[Start of section]

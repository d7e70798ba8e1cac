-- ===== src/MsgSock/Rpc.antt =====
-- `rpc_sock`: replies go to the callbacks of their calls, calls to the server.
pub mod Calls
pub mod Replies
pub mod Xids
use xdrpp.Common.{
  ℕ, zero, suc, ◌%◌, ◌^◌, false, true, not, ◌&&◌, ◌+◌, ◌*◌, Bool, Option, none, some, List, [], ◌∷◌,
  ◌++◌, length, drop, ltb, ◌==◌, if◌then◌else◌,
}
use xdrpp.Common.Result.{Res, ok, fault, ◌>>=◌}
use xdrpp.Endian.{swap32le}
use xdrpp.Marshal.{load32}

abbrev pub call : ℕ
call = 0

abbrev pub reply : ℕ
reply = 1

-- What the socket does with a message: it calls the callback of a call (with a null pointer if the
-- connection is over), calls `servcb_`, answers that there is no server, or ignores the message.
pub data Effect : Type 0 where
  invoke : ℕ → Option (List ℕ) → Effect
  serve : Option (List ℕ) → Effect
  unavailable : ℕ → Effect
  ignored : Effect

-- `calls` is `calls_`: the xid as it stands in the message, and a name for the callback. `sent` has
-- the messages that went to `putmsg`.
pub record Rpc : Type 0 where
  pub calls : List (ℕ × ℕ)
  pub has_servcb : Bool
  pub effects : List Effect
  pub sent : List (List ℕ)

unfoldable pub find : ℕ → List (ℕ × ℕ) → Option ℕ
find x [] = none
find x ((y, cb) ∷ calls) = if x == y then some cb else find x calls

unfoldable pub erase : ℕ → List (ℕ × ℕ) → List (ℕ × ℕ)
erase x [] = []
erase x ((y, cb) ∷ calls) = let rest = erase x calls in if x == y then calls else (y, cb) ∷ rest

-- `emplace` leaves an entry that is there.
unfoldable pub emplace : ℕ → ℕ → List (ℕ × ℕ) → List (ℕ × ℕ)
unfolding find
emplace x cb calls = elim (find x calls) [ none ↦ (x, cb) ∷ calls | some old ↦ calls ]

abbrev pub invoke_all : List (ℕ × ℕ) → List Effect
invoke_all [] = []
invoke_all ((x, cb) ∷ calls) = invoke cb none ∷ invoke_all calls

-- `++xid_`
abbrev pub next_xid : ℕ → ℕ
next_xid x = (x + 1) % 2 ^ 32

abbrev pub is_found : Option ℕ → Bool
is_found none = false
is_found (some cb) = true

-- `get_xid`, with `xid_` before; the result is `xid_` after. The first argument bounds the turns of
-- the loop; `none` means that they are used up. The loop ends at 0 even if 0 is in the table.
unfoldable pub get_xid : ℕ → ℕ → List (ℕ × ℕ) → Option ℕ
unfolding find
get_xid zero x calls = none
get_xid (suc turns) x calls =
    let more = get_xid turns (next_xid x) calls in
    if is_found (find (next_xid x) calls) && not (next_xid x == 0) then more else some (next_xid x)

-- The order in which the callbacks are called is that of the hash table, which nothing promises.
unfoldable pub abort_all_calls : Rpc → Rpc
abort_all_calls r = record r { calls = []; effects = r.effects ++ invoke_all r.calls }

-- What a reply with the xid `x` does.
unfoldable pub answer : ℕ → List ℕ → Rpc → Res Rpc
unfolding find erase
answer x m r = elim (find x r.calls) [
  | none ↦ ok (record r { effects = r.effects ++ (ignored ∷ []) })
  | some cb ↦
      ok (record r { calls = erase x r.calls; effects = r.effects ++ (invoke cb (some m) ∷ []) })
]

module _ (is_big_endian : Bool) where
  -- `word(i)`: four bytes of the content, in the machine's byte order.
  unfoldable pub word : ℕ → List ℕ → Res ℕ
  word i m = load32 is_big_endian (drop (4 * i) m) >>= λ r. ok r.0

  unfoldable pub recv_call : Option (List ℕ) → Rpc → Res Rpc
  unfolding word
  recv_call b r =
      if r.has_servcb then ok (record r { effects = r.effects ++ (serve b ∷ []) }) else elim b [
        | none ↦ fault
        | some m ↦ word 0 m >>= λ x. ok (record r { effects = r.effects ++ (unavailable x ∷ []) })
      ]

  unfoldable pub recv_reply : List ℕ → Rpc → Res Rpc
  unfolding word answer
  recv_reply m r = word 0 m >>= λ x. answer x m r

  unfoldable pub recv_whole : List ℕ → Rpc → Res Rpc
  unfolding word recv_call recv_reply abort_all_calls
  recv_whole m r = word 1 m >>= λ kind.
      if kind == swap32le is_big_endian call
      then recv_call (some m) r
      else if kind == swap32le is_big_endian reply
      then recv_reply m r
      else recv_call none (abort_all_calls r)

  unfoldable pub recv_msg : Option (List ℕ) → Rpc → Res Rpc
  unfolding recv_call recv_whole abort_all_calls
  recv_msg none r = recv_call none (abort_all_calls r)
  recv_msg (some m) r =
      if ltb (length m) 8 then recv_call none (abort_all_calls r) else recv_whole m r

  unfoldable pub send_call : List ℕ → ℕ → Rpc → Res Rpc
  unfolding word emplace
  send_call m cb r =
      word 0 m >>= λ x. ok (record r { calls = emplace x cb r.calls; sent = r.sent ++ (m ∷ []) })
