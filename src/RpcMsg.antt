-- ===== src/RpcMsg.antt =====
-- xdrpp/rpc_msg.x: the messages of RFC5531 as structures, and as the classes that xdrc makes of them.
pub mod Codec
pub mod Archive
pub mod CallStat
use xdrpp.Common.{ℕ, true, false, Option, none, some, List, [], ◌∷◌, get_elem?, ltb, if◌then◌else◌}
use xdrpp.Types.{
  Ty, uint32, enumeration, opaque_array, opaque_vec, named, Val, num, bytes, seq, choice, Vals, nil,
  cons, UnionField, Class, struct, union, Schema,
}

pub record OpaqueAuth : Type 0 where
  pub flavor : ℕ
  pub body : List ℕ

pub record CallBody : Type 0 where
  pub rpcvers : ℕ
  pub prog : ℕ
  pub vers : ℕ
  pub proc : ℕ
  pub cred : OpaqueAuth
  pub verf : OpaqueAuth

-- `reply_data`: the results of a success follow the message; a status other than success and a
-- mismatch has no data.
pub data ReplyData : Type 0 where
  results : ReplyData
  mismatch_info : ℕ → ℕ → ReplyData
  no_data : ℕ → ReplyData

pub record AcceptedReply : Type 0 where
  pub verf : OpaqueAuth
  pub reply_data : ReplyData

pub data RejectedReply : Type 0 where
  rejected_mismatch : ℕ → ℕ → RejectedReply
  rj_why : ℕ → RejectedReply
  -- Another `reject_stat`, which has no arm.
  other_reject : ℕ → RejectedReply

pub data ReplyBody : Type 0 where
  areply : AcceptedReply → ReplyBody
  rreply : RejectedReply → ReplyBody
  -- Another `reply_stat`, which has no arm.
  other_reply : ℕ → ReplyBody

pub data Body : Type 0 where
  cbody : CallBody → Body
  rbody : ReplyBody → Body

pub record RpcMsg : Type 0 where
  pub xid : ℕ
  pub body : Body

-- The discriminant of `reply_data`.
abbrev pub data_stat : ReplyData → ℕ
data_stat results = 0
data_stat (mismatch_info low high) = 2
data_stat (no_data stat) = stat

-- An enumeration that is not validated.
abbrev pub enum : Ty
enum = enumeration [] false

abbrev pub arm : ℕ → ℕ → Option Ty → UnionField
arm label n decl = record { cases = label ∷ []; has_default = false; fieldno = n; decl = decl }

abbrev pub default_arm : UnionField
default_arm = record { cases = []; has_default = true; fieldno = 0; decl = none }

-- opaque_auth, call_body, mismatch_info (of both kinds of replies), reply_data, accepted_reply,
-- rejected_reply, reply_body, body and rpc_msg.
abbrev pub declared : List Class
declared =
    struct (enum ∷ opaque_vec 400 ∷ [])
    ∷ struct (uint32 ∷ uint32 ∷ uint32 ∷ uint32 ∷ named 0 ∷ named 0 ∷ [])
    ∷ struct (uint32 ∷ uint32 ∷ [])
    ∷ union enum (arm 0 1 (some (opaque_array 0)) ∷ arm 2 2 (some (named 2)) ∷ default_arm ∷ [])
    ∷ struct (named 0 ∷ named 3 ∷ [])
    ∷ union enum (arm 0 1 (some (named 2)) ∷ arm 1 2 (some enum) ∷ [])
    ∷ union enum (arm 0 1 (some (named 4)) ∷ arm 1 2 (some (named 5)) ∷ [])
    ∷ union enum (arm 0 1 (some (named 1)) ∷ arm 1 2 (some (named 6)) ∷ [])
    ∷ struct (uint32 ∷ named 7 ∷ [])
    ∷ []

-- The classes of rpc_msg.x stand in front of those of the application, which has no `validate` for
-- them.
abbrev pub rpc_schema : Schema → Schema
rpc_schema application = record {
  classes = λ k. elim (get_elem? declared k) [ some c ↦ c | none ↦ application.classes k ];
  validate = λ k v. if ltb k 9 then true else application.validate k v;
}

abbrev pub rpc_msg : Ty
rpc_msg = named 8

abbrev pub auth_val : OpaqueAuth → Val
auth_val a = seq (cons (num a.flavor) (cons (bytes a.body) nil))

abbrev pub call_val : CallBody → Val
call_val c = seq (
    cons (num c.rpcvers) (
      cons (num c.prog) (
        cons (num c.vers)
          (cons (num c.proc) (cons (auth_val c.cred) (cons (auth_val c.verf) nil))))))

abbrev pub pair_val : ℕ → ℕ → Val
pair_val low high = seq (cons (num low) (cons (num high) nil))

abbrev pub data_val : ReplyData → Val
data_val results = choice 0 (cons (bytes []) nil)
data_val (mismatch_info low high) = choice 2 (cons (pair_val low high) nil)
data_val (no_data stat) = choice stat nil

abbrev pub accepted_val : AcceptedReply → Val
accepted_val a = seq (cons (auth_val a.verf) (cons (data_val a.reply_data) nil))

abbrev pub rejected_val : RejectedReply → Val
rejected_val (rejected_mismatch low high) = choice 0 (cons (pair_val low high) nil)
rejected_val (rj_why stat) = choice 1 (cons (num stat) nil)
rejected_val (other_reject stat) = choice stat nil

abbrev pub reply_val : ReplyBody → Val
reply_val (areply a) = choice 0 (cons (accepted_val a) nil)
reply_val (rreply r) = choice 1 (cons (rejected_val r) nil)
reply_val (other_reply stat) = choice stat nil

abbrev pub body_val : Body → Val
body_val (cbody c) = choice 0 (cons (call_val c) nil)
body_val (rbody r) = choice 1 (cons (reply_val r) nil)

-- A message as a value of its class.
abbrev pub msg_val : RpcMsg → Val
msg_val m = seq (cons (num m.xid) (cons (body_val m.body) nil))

[End of section]

Would you please copy all lines in the data that contain the word "rreply"?

  rreply : RejectedReply → ReplyBody
reply_val (rreply r) = choice 1 (cons (rejected_val r) nil)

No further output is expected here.